- **WHAT YOU SHOULD DO**
Below are several entries. Transcribe exactly those lines that fall from the one with "repository e12f6966eb2f3565" through the one with "(2 ≤ 0x3fff_ffff", end lines included.

(Dataset records)

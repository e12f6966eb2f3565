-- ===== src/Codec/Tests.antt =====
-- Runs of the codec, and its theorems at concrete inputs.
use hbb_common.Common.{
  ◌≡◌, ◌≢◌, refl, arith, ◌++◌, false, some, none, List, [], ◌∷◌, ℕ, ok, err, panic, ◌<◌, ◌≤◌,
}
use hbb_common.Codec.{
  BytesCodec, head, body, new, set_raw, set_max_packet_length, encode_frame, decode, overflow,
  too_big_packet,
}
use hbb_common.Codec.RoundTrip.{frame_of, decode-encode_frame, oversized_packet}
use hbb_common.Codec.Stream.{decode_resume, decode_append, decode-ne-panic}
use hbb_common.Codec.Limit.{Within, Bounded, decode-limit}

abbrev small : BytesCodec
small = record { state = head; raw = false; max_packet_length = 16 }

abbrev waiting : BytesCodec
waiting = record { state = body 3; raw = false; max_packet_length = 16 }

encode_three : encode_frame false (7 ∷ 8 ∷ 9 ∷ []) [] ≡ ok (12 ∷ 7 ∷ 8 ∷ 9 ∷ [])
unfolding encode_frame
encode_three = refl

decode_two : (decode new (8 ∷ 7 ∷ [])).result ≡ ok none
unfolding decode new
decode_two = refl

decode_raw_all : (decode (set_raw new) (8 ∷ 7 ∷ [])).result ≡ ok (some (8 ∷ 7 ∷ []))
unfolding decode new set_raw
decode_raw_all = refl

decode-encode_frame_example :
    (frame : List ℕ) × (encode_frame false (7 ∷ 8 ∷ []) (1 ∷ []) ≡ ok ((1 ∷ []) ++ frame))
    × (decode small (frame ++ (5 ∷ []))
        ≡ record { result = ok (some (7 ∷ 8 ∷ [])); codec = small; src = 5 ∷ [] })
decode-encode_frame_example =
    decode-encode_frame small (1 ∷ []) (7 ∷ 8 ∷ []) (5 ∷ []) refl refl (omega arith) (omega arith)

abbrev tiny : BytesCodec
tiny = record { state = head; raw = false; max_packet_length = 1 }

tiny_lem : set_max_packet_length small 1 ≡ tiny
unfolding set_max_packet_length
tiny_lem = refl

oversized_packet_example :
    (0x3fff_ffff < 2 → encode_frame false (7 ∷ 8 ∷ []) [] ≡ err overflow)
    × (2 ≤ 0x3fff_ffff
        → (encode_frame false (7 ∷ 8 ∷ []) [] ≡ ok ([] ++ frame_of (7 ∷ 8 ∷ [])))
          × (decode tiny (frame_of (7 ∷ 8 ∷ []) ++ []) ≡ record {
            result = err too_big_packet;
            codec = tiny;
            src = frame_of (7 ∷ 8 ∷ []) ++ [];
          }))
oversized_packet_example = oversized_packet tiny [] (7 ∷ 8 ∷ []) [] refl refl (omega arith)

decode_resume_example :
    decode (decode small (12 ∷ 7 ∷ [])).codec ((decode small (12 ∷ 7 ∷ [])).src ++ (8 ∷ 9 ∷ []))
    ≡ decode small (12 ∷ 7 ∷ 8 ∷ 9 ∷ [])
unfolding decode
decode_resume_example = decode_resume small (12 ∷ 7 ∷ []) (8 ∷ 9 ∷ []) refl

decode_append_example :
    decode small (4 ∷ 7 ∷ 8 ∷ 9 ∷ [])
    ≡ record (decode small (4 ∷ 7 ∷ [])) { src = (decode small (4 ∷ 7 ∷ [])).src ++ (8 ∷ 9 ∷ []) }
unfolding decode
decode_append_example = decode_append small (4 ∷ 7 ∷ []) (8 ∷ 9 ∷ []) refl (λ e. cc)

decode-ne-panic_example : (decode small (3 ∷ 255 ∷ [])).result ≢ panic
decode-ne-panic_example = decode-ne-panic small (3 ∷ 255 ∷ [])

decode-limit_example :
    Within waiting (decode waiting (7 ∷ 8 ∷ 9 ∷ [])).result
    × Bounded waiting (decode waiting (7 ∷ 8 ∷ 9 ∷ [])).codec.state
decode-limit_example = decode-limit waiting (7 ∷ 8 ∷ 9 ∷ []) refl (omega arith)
* * *
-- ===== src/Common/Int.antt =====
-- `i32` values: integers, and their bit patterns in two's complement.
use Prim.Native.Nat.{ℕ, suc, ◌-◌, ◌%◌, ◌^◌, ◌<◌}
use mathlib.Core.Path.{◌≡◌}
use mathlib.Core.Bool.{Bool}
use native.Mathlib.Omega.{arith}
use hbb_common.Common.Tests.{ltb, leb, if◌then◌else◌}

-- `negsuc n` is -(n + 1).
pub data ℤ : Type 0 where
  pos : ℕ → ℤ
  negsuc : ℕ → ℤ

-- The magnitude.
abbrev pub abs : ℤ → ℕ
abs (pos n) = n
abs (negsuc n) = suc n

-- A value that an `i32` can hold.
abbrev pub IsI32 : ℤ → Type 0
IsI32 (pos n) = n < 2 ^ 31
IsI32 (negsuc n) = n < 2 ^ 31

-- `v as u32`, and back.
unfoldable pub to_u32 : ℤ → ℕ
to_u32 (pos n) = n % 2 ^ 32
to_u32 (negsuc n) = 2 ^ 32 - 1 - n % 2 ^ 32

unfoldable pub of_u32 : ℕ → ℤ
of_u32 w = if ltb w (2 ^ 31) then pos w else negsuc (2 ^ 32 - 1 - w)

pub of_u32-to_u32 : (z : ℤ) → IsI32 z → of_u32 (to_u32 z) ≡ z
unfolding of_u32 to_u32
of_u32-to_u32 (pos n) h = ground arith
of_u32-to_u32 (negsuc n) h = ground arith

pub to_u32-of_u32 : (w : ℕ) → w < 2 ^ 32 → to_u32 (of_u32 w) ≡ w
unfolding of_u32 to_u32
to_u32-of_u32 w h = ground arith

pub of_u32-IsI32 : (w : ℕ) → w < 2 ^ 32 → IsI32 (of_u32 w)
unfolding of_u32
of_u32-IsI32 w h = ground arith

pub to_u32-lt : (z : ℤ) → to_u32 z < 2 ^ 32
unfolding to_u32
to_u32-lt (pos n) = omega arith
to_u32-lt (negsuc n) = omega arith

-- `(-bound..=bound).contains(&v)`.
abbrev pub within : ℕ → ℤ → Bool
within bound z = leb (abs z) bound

- **TASK RESPONSE**
repository e12f6966eb2f3565
-- ===== src/Codec/Tests.antt =====
-- Runs of the codec, and its theorems at concrete inputs.
use hbb_common.Common.{
  ◌≡◌, ◌≢◌, refl, arith, ◌++◌, false, some, none, List, [], ◌∷◌, ℕ, ok, err, panic, ◌<◌, ◌≤◌,
}
use hbb_common.Codec.{
  BytesCodec, head, body, new, set_raw, set_max_packet_length, encode_frame, decode, overflow,
  too_big_packet,
}
use hbb_common.Codec.RoundTrip.{frame_of, decode-encode_frame, oversized_packet}
use hbb_common.Codec.Stream.{decode_resume, decode_append, decode-ne-panic}
use hbb_common.Codec.Limit.{Within, Bounded, decode-limit}

abbrev small : BytesCodec
small = record { state = head; raw = false; max_packet_length = 16 }

abbrev waiting : BytesCodec
waiting = record { state = body 3; raw = false; max_packet_length = 16 }

encode_three : encode_frame false (7 ∷ 8 ∷ 9 ∷ []) [] ≡ ok (12 ∷ 7 ∷ 8 ∷ 9 ∷ [])
unfolding encode_frame
encode_three = refl

decode_two : (decode new (8 ∷ 7 ∷ [])).result ≡ ok none
unfolding decode new
decode_two = refl

decode_raw_all : (decode (set_raw new) (8 ∷ 7 ∷ [])).result ≡ ok (some (8 ∷ 7 ∷ []))
unfolding decode new set_raw
decode_raw_all = refl

decode-encode_frame_example :
    (frame : List ℕ) × (encode_frame false (7 ∷ 8 ∷ []) (1 ∷ []) ≡ ok ((1 ∷ []) ++ frame))
    × (decode small (frame ++ (5 ∷ []))
        ≡ record { result = ok (some (7 ∷ 8 ∷ [])); codec = small; src = 5 ∷ [] })
decode-encode_frame_example =
    decode-encode_frame small (1 ∷ []) (7 ∷ 8 ∷ []) (5 ∷ []) refl refl (omega arith) (omega arith)

abbrev tiny : BytesCodec
tiny = record { state = head; raw = false; max_packet_length = 1 }

tiny_lem : set_max_packet_length small 1 ≡ tiny
unfolding set_max_packet_length
tiny_lem = refl

oversized_packet_example :
    (0x3fff_ffff < 2 → encode_frame false (7 ∷ 8 ∷ []) [] ≡ err overflow)
    × (2 ≤ 0x3fff_ffff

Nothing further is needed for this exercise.